好中球細胞外トラップの検出
HL-60 ヒト前骨髄性白血病細胞株を1.3% DMSO添加RPMI1640培地で3日間培養し、分化誘導を行った。分化したHL-60細胞を細胞膜透過性色素であるNUCLEAR-ID Red DNA dyeで核を染色した。過剰の色素を洗浄除去した後、NUCLEAR-ID Redで染色した好中球をSIEVEWELLにロードした。Sytox Green (0.2 µM) と 100 ng/mL PMA を添加したRPMI培地を重層し NETosis を誘導した。細胞を播種したSIEVEWELLを IncuCyte® S3 システムに入れ、37°C 5% CO2 下で培養した。20倍レンズで5分ごとに位相差、赤 (800 ms 露光時間)、緑(400 ms 露光時間) の3チャネルで撮影した。>リアルタイムイメージング
赤血球を溶血して得られたヒト白血球をSIEVEWELLに播種し、各ウェルに細胞を格納した。100 ng/mL PMAを含むRPMI培地で4時間培養し、NETsを誘導した。培地を吸引除去したのち、ウサギ抗MPOポリクローナル抗体を添加したPBSをロードし、30分間染色した。抗体を洗浄後、Alexa 488標識抗 ウサギIgG抗体およびSytox Orangeを添加したPBSをロードし、30分間染色した。染色後、未反応の試薬を洗浄により除去し、蛍光顕微鏡にて撮影した。
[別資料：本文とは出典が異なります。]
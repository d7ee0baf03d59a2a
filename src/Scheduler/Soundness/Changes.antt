-- ===== src/Scheduler/Soundness/Changes.antt =====
-- Creating and changing schedules keeps the check of the cursor.
use dwh_v.Common.{
  ℕ, suc, ◌≡◌, refl, Bool, true, false, not, ◌&&◌, ◌||◌, Option, none, some, List, [], ◌∷◌,
  if◌then◌else◌, ◌==◌, ==_iff, is_some, Result, ok, err, arith, if_rule, option_rule, All, All-mono,
  Ensures, subst, sym, leb, inl, inr, Bool-cases, ◌∙◌,
}
use dwh_v.Common.Tables.{find_row, find_row-test, find_row-All}
use dwh_v.Common.Transactions.{
  Committed, Committed-bind, Keeps, Keeps-bind, Keeps-then, Keeps-check, Keeps-or_fail,
  Keeps-bind_valued, Same-IsPreorder, Valued, Valued-bind, pure, check, or_fail, ◌>>=◌, ◌>>◌,
}
use dwh_v.Scheduler.Definitions.{Definition, Cron, DefinitionError, validate_definition}
use dwh_v.Scheduler.Model.{
  Schedule, Store, SchedulerError, conflict, backlog, archived, no_rows, invalid_definition, Tx,
  Service, lock_schedule, lock_active_occurrence, is_unresolved, semantic_matches, update_schedules,
  update_occurrences,
}
use dwh_v.Scheduler.States.{
  validated_at, with_timezone, next_after_update, update, prepare_enable, apply_enable, enable,
  apply_stop, stop, at_revision, enabled_row, may_be_enabled, stopped_row, discarded_row,
}
use dwh_v.Scheduler.States.Revision.{
  Keyed, Change, updates, enables, stops, apply, Same, validated_at-Same, next_after_update-Same,
}
use dwh_v.Scheduler.Soundness.{
  cursor_ok, Sounds, Sounds-IsPreorder, update_occurrences-Sounds, update_schedules-Sounds,
  rows-Sounds, validate_definition-Next,
}

bind {ℓ μ} :
    {A : Type ℓ} {B : Type μ} (m : Tx A) (f : A → Tx B)
    → Keeps Sounds m
    → ((a : A) → Keeps Sounds (f a))
    → Keeps Sounds (m >>= f)
bind = Keeps-bind Sounds Sounds-IsPreorder

then_ {μ} :
    {B : Type μ} (m : Tx (Unit {0})) (k : Tx B)
    → Keeps Sounds m
    → Keeps Sounds k
    → Keeps Sounds (m >> k)
then_ = Keeps-then Sounds Sounds-IsPreorder

checked : (b : Bool) (e : SchedulerError) → Keeps Sounds (check b e)
checked = Keeps-check Sounds Sounds-IsPreorder

pub validated_at-Sounds :
    (v : Service) (d : Definition) (now : ℕ) → Keeps Sounds (validated_at v d now)
validated_at-Sounds v d now s = go (validate_definition v.rules d now)
  where
    go :
        (r : Result DefinitionError (Definition × Cron))
        → Committed {E = SchedulerError} {A = Definition × Cron} Sounds s
            (elim r [ ok x ↦ ok (x, s) | err e ↦ err invalid_definition ])
    go (ok x) = Sounds-IsPreorder.same s
    go (err e) = tt

pub validated_at-Next :
    (v : Service) (d : Definition) (now : ℕ) (s : Store)
    → Valued (λ (r : Definition × Cron). is_some (r.1 now) ≡ true) (validated_at v d now s)
validated_at-Next v d now s =
    go (validate_definition v.rules d now) (validate_definition-Next v.rules d now)
  where
    go :
        (r : Result DefinitionError (Definition × Cron))
        → Ensures (λ (x : Definition × Cron). is_some (x.1 now) ≡ true) r
        → Valued {S = Store} {E = SchedulerError}
            (λ (x : Definition × Cron). is_some (x.1 now) ≡ true)
            (elim r [ ok x ↦ ok (x, s) | err e ↦ err invalid_definition ])
    go (ok x) h = h
    go (err e) h = tt

-- The schedule that the identity finds is the only one with it.
only_one :
    (id : ℕ) (xs : List Schedule) (x : Schedule)
    → Keyed xs
    → find_row (λ (y : Schedule). y.id == id) xs ≡ some x
    → All (λ (y : Schedule). y.id == id ≡ true → y ≡ x) xs
unfolding find_row
only_one id [] x k e = tt
only_one id (y ∷ ys) x k e = elim (Bool-cases (y.id == id)) [
  | inl hit ↦
      let same : y ≡ x = ground (arith, hit, e) in
      let j = (==_iff y.id id).0 hit in
      (
        (λ _. same),
        All-mono (λ z other own. let q = subst (λ w. z.id == w ≡ false) j other in cc (q, own)) ys
            k.0,
      )
  | inr miss ↦ ((λ own. cc (miss, own)), only_one id ys x k.1 (ground (arith, miss, e)))
]

prepare_enable-Sounds :
    (v : Service) (x : Schedule) (occupied : Bool) (now : ℕ)
    → Keeps Sounds (prepare_enable v x occupied now)
unfolding prepare_enable
prepare_enable-Sounds v x occupied now =
    then_ (check (not (is_some x.archived_at)) archived) free (checked _ _) (
      then_ (check (not occupied) backlog) valid (checked _ _) (
        bind (validated_at v x.definition now) first (validated_at-Sounds v x.definition now)
          (λ r s. Sounds-IsPreorder.same s)))
  where
    first : Definition × Cron → Tx (Option ℕ)
    first r = pure (r.1 now)

    valid : Tx (Option ℕ)
    valid = validated_at v x.definition now >>= first

    free : Tx (Option ℕ)
    free = check (not occupied) backlog >> valid

prepare_enable-Next :
    (v : Service) (x : Schedule) (occupied : Bool) (now : ℕ) (s : Store)
    → Valued (λ (next : Option ℕ). is_some next ≡ true) (prepare_enable v x occupied now s)
unfolding prepare_enable
prepare_enable-Next v x occupied now s =
    Valued-bind P (check (not (is_some x.archived_at)) archived) (λ _. free) s
      (λ _ t.
        Valued-bind P (check (not occupied) backlog) (λ _. valid) t
          (λ _ u.
            go u (validated_at v x.definition now u) (validated_at-Next v x.definition now u)))
  where
    P : Option ℕ → Type 0
    P next = is_some next ≡ true

    first : Definition × Cron → Tx (Option ℕ)
    first r = pure (r.1 now)

    valid : Tx (Option ℕ)
    valid = validated_at v x.definition now >>= first

    free : Tx (Option ℕ)
    free = check (not occupied) backlog >> valid

    go :
        (u : Store) (r : Result SchedulerError ((Definition × Cron) × Store))
        → Valued (λ (y : Definition × Cron). is_some (y.1 now) ≡ true) r
        → Valued {E = SchedulerError} P (elim r as (λ _. Result SchedulerError (Option ℕ × Store)) [
          | ok (y, t) ↦ first y t
          | err e ↦ err e
        ])
    go u (ok (y, t)) h = h
    go u (err e) h = tt

enable-Sounds : (v : Service) (id n now : ℕ) → Keeps Sounds (enable v id n now)
unfolding enable apply_enable cursor_ok
enable-Sounds v id n now s =
    bind (or_fail (lock_schedule id s) no_rows) found (Keeps-or_fail Sounds Sounds-IsPreorder _ _)
      (λ x. then_ (check (x.revision == n) conflict) (ended x) (checked _ _) (
        Keeps-bind_valued Sounds Sounds-IsPreorder (λ (next : Option ℕ). is_some next ≡ true)
          (prepare_enable v x occupied now) (apply_enable x)
          (prepare_enable-Sounds v x occupied now) (prepare_enable-Next v x occupied now)
          (λ next some_next.
            rows-Sounds (may_be_enabled x) (enabled_row next) 1 (λ y. refl)
              (λ y t _. ground (arith, t, some_next)))))
      s
  where
    occupied : Bool
    occupied = is_some (lock_active_occurrence id s)

    ended : Schedule → Tx (Unit {0})
    ended x = prepare_enable v x occupied now >>= apply_enable x

    found : Schedule → Tx (Unit {0})
    found x = check (x.revision == n) conflict >> ended x

stop-Sounds : (v : Service) (id n now : ℕ) (archive : Bool) → Keeps Sounds (stop v id n archive now)
unfolding stop apply_stop cursor_ok
stop-Sounds v id n now archive s =
    bind (or_fail (lock_schedule id s) no_rows) found (Keeps-or_fail Sounds Sounds-IsPreorder _ _)
      (λ x. then_ (check (x.revision == n) conflict) (ended x) (checked _ _) (
        then_ closed (last x)
          (option_rule (Keeps Sounds) (lock_active_occurrence id s)
            (λ _ t. Sounds-IsPreorder.same t) (λ p _. update_occurrences-Sounds _ _ 1))
          (rows-Sounds (at_revision x) (stopped_row archive now) 1 (λ y. refl) (λ y _ _. refl))))
      s
  where
    closed : Tx (Unit {0})
    closed = elim (lock_active_occurrence id s) [
      | none ↦ pure tt
      | some p ↦
          update_occurrences (λ q. q.id == p.id && is_unresolved q.status) (discarded_row now) 1
    ]

    last : Schedule → Tx (Unit {0})
    last x = update_schedules (at_revision x) (stopped_row archive now) 1

    ended : Schedule → Tx (Unit {0})
    ended x = closed >> last x

    found : Schedule → Tx (Unit {0})
    found x = check (x.revision == n) conflict >> ended x

-- The cursor that an update writes fits the schedule.
Fits : Schedule → Cron → ℕ → Option ℕ → Type 0
Fits x cron now next =
    cursor_ok x ≡ true
    → is_some (cron now) ≡ true
    → ((x.enabled ≡ true → is_some next ≡ true) × (x.enabled ≡ false → is_some next ≡ false))

next_after_update-Fits :
    (v : Service) (x : Schedule) (d : Definition) (cron : Cron) (now : ℕ) (s t : Store)
    → Valued (Fits x cron now) (next_after_update v x d cron now s t)
unfolding Fits cursor_ok
next_after_update-Fits v x d cron now s t =
    if_rule (λ (m : Tx (Option ℕ)). Valued (Fits x cron now) (m t))
      (semantic_matches x.definition d)
      (λ _ ok_x has. ((λ on. ground (arith, on, ok_x)), (λ off. ground (arith, off, ok_x))))
      (λ _.
        Valued-bind (Fits x cron now) (check free backlog)
          (λ _. pure (if x.enabled then cron now else x.next_run_at)) t
          (λ _ _ ok_x has. ((λ on. ground (arith, on, has)), (λ off. ground (arith, off, ok_x)))))
  where
    free : Bool
    free = not (
        is_some (lock_active_occurrence x.id s)
        || x.enabled && elim x.next_run_at [ none ↦ false | some z ↦ leb z now ])

-- The last statement of an update.
updated-Sounds :
    (id n now : ℕ) (x : Schedule) (r : Definition × Cron) (next : Option ℕ) (s : Store)
    → lock_schedule id s ≡ some x
    → Fits x r.1 now next
    → is_some (r.1 now) ≡ true
    → Committed Sounds s (
        update_schedules
          (at_revision x)
          (λ y. record y {
            definition = r.0;
            next_run_at = next;
            revision = suc y.revision;
            validation_error = none;
          })
          1
          s)
unfolding Fits cursor_ok
updated-Sounds id n now x r next s e f has =
    update_schedules-Sounds (at_revision x) _ 1 s (λ y. refl)
      (λ h.
        let own = find_row-test _ s.schedules e in
        let x_ok =
          (find_row-All (λ (y : Schedule). cursor_ok y ≡ true) _ s.schedules e h.cursors).1 in
        let fit = f x_ok has in
        All-mono
          (λ y one test.
            let same = one (ground (arith, test, own)) in
            subst
              (λ (z : Schedule).
                cursor_ok (record z {
                  definition = r.0;
                  next_run_at = next;
                  revision = suc z.revision;
                  validation_error = none;
                })
                ≡ true)
              (sym same)
              (elim (Bool-cases x.enabled) [
                | inl on ↦ let q = fit.0 on in ground (arith, on, q, x_ok)
                | inr off ↦ let q = fit.1 off in ground (arith, off, q)
              ]))
          s.schedules (only_one id s.schedules x h.keyed e))

update-Sounds : (v : Service) (id n now : ℕ) (d : Definition) → Keeps Sounds (update v id d n now)
unfolding update Same
update-Sounds v id n now d s = found (lock_schedule id s) refl
  where
    ended : Schedule → Definition × Cron → Option ℕ → Tx (Unit {0})
    ended x r next =
        update_schedules (at_revision x)
          (λ y. record y {
            definition = r.0;
            next_run_at = next;
            revision = suc y.revision;
            validation_error = none;
          })
          1

    valid : Schedule → Definition × Cron → Tx (Unit {0})
    valid x r = next_after_update v x r.0 r.1 now s >>= ended x r

    living : Schedule → Tx (Unit {0})
    living x = validated_at v (with_timezone v d) now >>= valid x

    unarchived : Schedule → Tx (Unit {0})
    unarchived x = check (not (is_some x.archived_at)) archived >> living x

    at_next : Schedule → Tx (Unit {0})
    at_next x = check (x.revision == n) conflict >> unarchived x

    read : (x : Schedule) → lock_schedule id s ≡ some x → Committed Sounds s (at_next x s)
    read x e =
        Committed-bind Same (Sounds s) (check (x.revision == n) conflict) (λ _. unarchived x) s
          (Keeps-check Same Same-IsPreorder _ _ s)
          (λ _ a _ qa.
            Committed-bind Same (Sounds s) (check (not (is_some x.archived_at)) archived)
              (λ _. living x) a (Keeps-check Same Same-IsPreorder _ _ a)
              (λ _ b _ qb.
                Committed-bind Same (Sounds s) (validated_at v (with_timezone v d) now) (valid x) b
                  (validated_at-Same v (with_timezone v d) now b)
                  (λ r c er qc.
                    let has =
                      subst (Valued (λ (y : Definition × Cron). is_some (y.1 now) ≡ true)) er
                        (validated_at-Next v (with_timezone v d) now b) in
                    Committed-bind Same (Sounds s) (next_after_update v x r.0 r.1 now s) (ended x r)
                      c (next_after_update-Same v x r.0 r.1 now s c)
                      (λ next g en qg.
                        let fits =
                          subst (Valued (Fits x r.1 now)) en
                            (next_after_update-Fits v x r.0 r.1 now s c) in
                        subst (λ w. Committed (λ _. Sounds s) w (ended x r next w))
                          (qa ∙ (qb ∙ (qc ∙ qg)))
                          (updated-Sounds id n now x r next s e fits has)))))

    found :
        (o : Option Schedule)
        → lock_schedule id s ≡ o
        → Committed Sounds s ((or_fail o no_rows >>= at_next) s)
    found (some x) e = read x e
    found none e = tt

pub apply-Sounds : (v : Service) (c : Change) (id n now : ℕ) → Keeps Sounds (apply v c id n now)
unfolding apply
apply-Sounds v (updates d) id n now = update-Sounds v id n now d
apply-Sounds v enables id n now = enable-Sounds v id n now
apply-Sounds v (stops archive) id n now = stop-Sounds v id n now archive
HL-60 ヒト前骨髄性白血病細胞株を1.3% DMSO添加RPMI1640培地で3日間培養し、好中球への分化誘導を行った。分化したHL-60細胞をSIEVEWELLに播種し、各ウェルに細胞を格納した。100 ng/mL PMAを含むRPMI培地で4時間培養し、NETsを誘導した。培地を吸引除去したのち、ウサギ抗MPOポリクローナル抗体を添加したPBSをロードし、30分間染色した。抗体を洗浄後、Alexa 488標識抗 ウサギIgG抗体およびSytox Orangeを添加したPBSをロードし、30分間染色した。染色後、未反応の試薬を洗浄により除去し、蛍光顕微鏡にて撮影した。